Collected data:
=== Section Start ===

-- ===== src/Conflict/Engine/Reports.antt =====
-- What `update_scope` reports.
use mathlib.Core.Path.{subst}
use mathlib.Core.List.{Perm}
use mathlib.Core.List.Perm
use vai.Common.{
  ℕ, ◌-◌, ◌≤◌, ◌||◌, ◌≡◌, refl, sym, ap, Bool, true, false, some, Option-cases, nat_eq_iff,
  if◌then◌else◌, ◌∙◌, inl, inr, not, List, [], ◌∷◌, map, String, keep, nat_eq, arith, Bool-cases,
}
use vai.Common.Sort.{IsSorted, sort_by_key, sort_by_key-IsSorted, perm-sort_by_key}
use vai.Common.Sets.{contains, contains-set_of}
use vai.Common.Table.{All-weaken}
use vai.Conflict.{
  WorkspaceScope, OverlapLevel, critical, high, medium, low, no_overlap, rank, OverlapResult,
  classify_overlap,
}
use vai.Conflict.Classify.{level_of, shared, reaches, shares_file, level-classify_overlap}
use vai.Conflict.Engine.{
  ConflictEngine, get_scope, blank, rewritten, rewrite_found, all_scopes, write_scope, updated,
  is_overlap, descending, update_scope,
}
use vai.Conflict.Engine.Map.{IsKeyed, get_scope-update_scope}

-- The footprints that stand under other ids.
abbrev pub others : ℕ → ConflictEngine → List WorkspaceScope
others id m = map (λ entry. entry.1) (keep (λ entry. not (nat_eq entry.0 id)) m)

keep-all_scopes :
    (id : ℕ) (m : ConflictEngine)
    → IsKeyed m
    → keep (λ s. not (nat_eq s.workspace_id id)) (all_scopes m) ≡ others id m
unfolding all_scopes
keep-all_scopes id [] k = refl
keep-all_scopes id ((j, s) ∷ m) k =
    let own : nat_eq s.workspace_id id ≡ nat_eq j id = ap (λ (x : ℕ). nat_eq x id) k.0 in
    elim (Bool-cases (nat_eq j id)) [
      | inl same ↦ rw same (rw (own ∙ same) (keep-all_scopes id m k.3))
      | inr other ↦ rw other (rw (own ∙ other) (ap (λ l. s ∷ l) (keep-all_scopes id m k.3)))
    ]

others-write_scope :
    (id : ℕ) (intent : String) (path_list : List String) (m : ConflictEngine)
    → IsKeyed m
    → keep (λ s. not (nat_eq s.workspace_id id)) (all_scopes (write_scope id intent path_list m))
      ≡ others id m
unfolding write_scope all_scopes
others-write_scope id intent path_list [] k = ground arith
others-write_scope id intent path_list ((j, s) ∷ m) k =
    let own : nat_eq s.workspace_id id ≡ nat_eq j id = ap (λ (x : ℕ). nat_eq x id) k.0 in
    elim (Bool-cases (nat_eq j id)) [
      | inl same ↦ rw same (rw (own ∙ same) (keep-all_scopes id m k.3))
      | inr other ↦
          rw other
            (rw (own ∙ other) (ap (λ l. s ∷ l) (others-write_scope id intent path_list m k.3)))
    ]

-- Who is told of whom, and of what level.
abbrev pub Reading : Type 0
Reading = ℕ × ℕ × OverlapLevel

abbrev pub reading : OverlapResult → Reading
reading r = (r.your_workspace, r.other_workspace, r.level)

-- Highest first.
abbrev place : OverlapLevel → ℕ
place critical = 0
place high = 1
place medium = 2
place low = 3
place no_overlap = 4

abbrev pub position : OverlapResult → ℕ
position r = place r.level

abbrev is_above : OverlapLevel → Bool
is_above no_overlap = false
is_above _ = true

abbrev pub level_between : WorkspaceScope → WorkspaceScope → OverlapLevel
level_between a b = level_of (shared a b) (reaches a b || reaches b a) (shares_file a b)

-- One reading for each footprint whose overlap has a level, by the numbers of what is shared.
abbrev pub due : WorkspaceScope → List WorkspaceScope → List Reading
due mine [] = []
due mine (s ∷ ss) =
    if is_above (level_between mine s)
    then (mine.workspace_id, s.workspace_id, level_between mine s) ∷ due mine ss
    else due mine ss

place-rank : (l : OverlapLevel) → 4 - rank l ≡ place l
place-rank critical = refl
place-rank high = refl
place-rank medium = refl
place-rank low = refl
place-rank no_overlap = refl

is_above-rank : (l : OverlapLevel) → not (nat_eq (rank l) (rank no_overlap)) ≡ is_above l
is_above-rank critical = refl
is_above-rank high = refl
is_above-rank medium = refl
is_above-rank low = refl
is_above-rank no_overlap = refl

descending-position : (rs : List OverlapResult) → IsSorted descending rs → IsSorted position rs
descending-position [] a = tt
descending-position (r ∷ rs) a = (
  All-weaken (λ q. descending r ≤ descending q) (λ q. position r ≤ position q) rs
      (λ q h. omega (arith, place-rank r.level, place-rank q.level)) a.0,
  descending-position rs a.1,
)

your_workspace-classify_overlap :
    (a b : WorkspaceScope) → (classify_overlap a b).your_workspace ≡ a.workspace_id
unfolding classify_overlap
your_workspace-classify_overlap a b = ground arith

other_workspace-classify_overlap :
    (a b : WorkspaceScope) → (classify_overlap a b).other_workspace ≡ b.workspace_id
unfolding classify_overlap
other_workspace-classify_overlap a b = ground arith

reading-classify_overlap :
    (a b : WorkspaceScope)
    → reading (classify_overlap a b) ≡ (a.workspace_id, b.workspace_id, level_between a b)
reading-classify_overlap a b =
    let mine = your_workspace-classify_overlap a b in
    let other = other_workspace-classify_overlap a b in let l = level-classify_overlap a b in cc

is_overlap-classify_overlap :
    (a b : WorkspaceScope) → is_overlap (classify_overlap a b) ≡ is_above (level_between a b)
is_overlap-classify_overlap a b =
    is_above-rank (classify_overlap a b).level ∙ ap is_above (level-classify_overlap a b)

map-reading :
    (mine : WorkspaceScope) (ss : List WorkspaceScope)
    → map reading (keep is_overlap (map (classify_overlap mine) ss)) ≡ due mine ss
map-reading mine [] = refl
map-reading mine (s ∷ ss) =
    let same = is_overlap-classify_overlap mine s in
    elim (Bool-cases (is_above (level_between mine s))) [
      | inl above ↦ rw (same ∙ above) (
          rw above (
            ap (λ r. r ∷ map reading (keep is_overlap (map (classify_overlap mine) ss)))
              (reading-classify_overlap mine s)
            ∙ ap (λ l. (mine.workspace_id, s.workspace_id, level_between mine s) ∷ l)
                (map-reading mine ss)))
      | inr below ↦ rw (same ∙ below) (rw below (map-reading mine ss))
    ]

get_scope-IsKeyed :
    (id : ℕ) (m : ConflictEngine) (s : WorkspaceScope)
    → IsKeyed m
    → get_scope id m ≡ some s
    → s.workspace_id ≡ id
unfolding get_scope
get_scope-IsKeyed id [] s k h = cc
get_scope-IsKeyed id ((j, r) ∷ m) s k h =
    ground (arith, k.0, get_scope-IsKeyed id m s k.3, nat_eq_iff j id)

-- The footprint after the update: the id, the intent and the files that were given.
pub record IsUpdated (id : ℕ) (intent : String) (path_list : List String) (s : WorkspaceScope)
    : Type 0 where
  pub own : s.workspace_id ≡ id
  pub new_intent : s.intent ≡ intent
  pub new_files : (f : String) → contains f s.write_files ≡ contains f path_list

rewritten-IsUpdated :
    (id : ℕ) (intent : String) (path_list : List String) (s : WorkspaceScope)
    → s.workspace_id ≡ id
    → IsUpdated id intent path_list (rewritten intent path_list s)
rewritten-IsUpdated id intent path_list s h = record {
  own = h;
  new_intent = refl;
  new_files = λ f. contains-set_of f path_list;
}

updated-IsUpdated :
    (id : ℕ) (intent : String) (path_list : List String) (m : ConflictEngine)
    → IsKeyed m
    → IsUpdated id intent path_list (updated id intent path_list m)
updated-IsUpdated id intent path_list m k = elim (Option-cases (get_scope id m)) [
  | inl new ↦
      subst (IsUpdated id intent path_list) (sym (ap (rewrite_found id intent path_list) new))
        (rewritten-IsUpdated id intent path_list (blank id intent) refl)
  | inr (s, old) ↦
      subst (IsUpdated id intent path_list) (sym (ap (rewrite_found id intent path_list) old))
        (rewritten-IsUpdated id intent path_list s (get_scope-IsKeyed id m s k old))
]

-- After `update_scope` the id has a footprint with the given intent and files, and the reports are, highest level
-- first, one for each other workspace's footprint that shares something with this new footprint, with the level
-- that the numbers of shared entities, references and files determine, and nothing else.
pub update_scope-reports :
    (id : ℕ) (intent : String) (path_list : List String) (m : ConflictEngine)
    → IsKeyed m
    → (mine : WorkspaceScope) × (get_scope id (update_scope id intent path_list m).0 ≡ some mine)
      × IsUpdated id intent path_list mine
      × IsSorted position (update_scope id intent path_list m).1
      × Perm (map reading (update_scope id intent path_list m).1) (due mine (others id m))
unfolding update_scope
update_scope-reports id intent path_list m k =
    let mine = updated id intent path_list m in
    (
      mine,
      get_scope-update_scope id id intent path_list m ∙ (ground arith),
      updated-IsUpdated id intent path_list m k,
      descending-position (update_scope id intent path_list m).1
          (sort_by_key-IsSorted descending _),
      rw (others-write_scope id intent path_list m k) (
          subst
            (Perm (
              map reading (
                sort_by_key descending
                  (keep is_overlap (map (classify_overlap mine) (others id m))))))
            (map-reading mine (others id m)) (Perm.map reading (perm-sort_by_key descending _))),
    )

=== Section End ===

> _About this task_
Find and copy each line of the data where "Bool" is present.

> _Exercise response_
  ℕ, ◌-◌, ◌≤◌, ◌||◌, ◌≡◌, refl, sym, ap, Bool, true, false, some, Option-cases, nat_eq_iff,
  if◌then◌else◌, ◌∙◌, inl, inr, not, List, [], ◌∷◌, map, String, keep, nat_eq, arith, Bool-cases,
    elim (Bool-cases (nat_eq j id)) [
    elim (Bool-cases (nat_eq j id)) [
abbrev is_above : OverlapLevel → Bool
    elim (Bool-cases (is_above (level_between mine s))) [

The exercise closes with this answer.